Copy out the entries below exactly as they stand, but only from the line containing "selected t id d" through the line containing "(id j : Text) (row".
----- Record set -----
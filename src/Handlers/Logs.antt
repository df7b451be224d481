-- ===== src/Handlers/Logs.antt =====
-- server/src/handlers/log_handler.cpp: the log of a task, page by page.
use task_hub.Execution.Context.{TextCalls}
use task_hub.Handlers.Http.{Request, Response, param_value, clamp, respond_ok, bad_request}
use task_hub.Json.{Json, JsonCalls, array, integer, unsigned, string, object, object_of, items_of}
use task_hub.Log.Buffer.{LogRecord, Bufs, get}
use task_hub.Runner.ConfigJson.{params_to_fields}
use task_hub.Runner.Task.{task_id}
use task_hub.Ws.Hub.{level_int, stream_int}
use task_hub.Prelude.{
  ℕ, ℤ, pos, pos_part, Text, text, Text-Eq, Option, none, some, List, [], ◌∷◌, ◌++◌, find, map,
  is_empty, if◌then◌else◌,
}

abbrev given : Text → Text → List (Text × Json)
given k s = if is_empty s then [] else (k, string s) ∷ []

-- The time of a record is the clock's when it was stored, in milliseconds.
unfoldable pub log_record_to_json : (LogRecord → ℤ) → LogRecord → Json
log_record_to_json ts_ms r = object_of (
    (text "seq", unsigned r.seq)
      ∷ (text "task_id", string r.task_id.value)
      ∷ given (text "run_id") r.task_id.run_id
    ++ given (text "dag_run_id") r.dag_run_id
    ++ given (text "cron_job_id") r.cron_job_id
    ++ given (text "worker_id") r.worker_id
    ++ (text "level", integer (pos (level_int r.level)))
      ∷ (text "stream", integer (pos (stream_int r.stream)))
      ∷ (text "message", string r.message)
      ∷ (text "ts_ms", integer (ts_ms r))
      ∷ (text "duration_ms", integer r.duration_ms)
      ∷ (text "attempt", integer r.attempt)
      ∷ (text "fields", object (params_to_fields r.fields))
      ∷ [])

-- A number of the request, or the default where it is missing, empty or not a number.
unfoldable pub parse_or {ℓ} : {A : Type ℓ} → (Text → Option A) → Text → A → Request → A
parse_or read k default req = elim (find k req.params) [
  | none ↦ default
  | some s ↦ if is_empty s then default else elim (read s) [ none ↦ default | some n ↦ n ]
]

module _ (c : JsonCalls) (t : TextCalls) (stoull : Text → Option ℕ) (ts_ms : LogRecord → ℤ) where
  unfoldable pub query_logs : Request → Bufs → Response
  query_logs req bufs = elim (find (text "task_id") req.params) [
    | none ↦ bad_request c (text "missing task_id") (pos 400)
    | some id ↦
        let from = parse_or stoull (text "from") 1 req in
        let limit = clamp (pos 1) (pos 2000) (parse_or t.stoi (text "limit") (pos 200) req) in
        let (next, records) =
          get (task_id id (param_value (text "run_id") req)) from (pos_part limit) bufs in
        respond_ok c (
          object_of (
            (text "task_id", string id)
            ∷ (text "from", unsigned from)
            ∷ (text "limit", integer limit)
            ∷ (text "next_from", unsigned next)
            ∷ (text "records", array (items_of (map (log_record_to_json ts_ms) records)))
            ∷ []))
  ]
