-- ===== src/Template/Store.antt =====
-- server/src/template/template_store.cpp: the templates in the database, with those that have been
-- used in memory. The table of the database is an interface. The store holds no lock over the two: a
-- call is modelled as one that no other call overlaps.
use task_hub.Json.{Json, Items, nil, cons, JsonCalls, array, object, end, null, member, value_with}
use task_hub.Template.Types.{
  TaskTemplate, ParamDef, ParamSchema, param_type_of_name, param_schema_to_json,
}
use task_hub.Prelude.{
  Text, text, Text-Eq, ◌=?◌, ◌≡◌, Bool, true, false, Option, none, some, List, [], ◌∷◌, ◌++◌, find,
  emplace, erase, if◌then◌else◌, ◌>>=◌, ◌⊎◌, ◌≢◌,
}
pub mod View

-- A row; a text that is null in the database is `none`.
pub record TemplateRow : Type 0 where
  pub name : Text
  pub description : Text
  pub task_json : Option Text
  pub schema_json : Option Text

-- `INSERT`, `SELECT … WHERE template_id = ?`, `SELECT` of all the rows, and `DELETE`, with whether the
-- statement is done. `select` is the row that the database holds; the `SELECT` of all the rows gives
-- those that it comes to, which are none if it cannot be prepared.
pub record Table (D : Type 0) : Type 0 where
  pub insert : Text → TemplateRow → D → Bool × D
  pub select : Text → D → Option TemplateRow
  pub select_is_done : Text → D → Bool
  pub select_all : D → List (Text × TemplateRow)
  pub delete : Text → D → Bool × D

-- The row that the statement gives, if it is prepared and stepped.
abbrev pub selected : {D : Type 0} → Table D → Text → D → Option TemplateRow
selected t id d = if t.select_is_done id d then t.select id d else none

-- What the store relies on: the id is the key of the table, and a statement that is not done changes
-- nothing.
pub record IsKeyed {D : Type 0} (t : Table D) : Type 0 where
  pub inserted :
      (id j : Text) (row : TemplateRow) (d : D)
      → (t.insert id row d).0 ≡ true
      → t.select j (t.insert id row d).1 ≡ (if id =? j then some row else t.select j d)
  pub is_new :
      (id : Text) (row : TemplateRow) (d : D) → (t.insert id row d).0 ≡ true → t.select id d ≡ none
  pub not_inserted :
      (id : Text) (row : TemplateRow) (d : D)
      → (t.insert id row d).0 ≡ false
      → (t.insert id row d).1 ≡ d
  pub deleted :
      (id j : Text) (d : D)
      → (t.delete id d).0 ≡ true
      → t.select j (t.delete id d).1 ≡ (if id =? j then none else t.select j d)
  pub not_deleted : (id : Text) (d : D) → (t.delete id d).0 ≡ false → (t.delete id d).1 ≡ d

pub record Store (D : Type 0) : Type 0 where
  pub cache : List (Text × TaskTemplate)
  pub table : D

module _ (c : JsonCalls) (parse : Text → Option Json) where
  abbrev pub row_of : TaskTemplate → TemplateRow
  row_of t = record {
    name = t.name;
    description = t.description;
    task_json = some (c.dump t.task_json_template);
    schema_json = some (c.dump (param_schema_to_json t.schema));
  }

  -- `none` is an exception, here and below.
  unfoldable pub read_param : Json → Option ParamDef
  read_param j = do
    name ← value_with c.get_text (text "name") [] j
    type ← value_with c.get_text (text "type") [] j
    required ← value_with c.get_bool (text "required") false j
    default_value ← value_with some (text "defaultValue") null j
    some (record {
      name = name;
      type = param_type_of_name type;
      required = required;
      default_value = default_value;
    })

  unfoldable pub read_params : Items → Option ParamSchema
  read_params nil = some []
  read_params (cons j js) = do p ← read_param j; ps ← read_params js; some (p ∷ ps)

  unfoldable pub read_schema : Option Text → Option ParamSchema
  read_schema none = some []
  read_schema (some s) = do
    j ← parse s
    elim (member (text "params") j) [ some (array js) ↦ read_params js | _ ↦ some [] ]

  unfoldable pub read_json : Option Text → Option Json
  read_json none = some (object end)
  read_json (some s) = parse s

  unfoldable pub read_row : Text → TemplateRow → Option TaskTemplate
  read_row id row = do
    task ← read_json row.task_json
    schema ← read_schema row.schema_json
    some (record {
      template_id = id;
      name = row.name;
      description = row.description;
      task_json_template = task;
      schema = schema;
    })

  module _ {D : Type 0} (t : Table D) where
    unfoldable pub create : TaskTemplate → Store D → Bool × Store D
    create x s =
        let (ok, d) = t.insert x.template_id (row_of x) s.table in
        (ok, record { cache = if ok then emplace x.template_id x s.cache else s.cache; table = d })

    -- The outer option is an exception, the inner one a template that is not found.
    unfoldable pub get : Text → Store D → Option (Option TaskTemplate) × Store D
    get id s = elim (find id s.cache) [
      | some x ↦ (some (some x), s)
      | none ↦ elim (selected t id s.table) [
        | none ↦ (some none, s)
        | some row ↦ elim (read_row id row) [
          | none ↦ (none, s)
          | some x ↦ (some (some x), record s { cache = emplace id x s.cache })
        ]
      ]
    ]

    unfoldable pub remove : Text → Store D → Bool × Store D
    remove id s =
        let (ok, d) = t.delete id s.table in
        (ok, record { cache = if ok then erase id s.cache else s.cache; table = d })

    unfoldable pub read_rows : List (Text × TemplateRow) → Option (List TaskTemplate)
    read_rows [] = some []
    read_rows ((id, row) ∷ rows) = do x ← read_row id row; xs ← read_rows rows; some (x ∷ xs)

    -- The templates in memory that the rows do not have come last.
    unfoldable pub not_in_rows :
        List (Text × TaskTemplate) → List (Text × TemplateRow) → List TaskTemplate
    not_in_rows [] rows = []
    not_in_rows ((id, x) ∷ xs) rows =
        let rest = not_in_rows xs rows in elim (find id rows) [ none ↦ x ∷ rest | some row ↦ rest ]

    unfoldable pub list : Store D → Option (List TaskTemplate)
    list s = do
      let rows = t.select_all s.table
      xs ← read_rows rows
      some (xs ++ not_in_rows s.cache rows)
-----
Task result:
selected t id d = if t.select_is_done id d then t.select id d else none

-- What the store relies on: the id is the key of the table, and a statement that is not done changes
-- nothing.
pub record IsKeyed {D : Type 0} (t : Table D) : Type 0 where
  pub inserted :
      (id j : Text) (row : TemplateRow) (d : D)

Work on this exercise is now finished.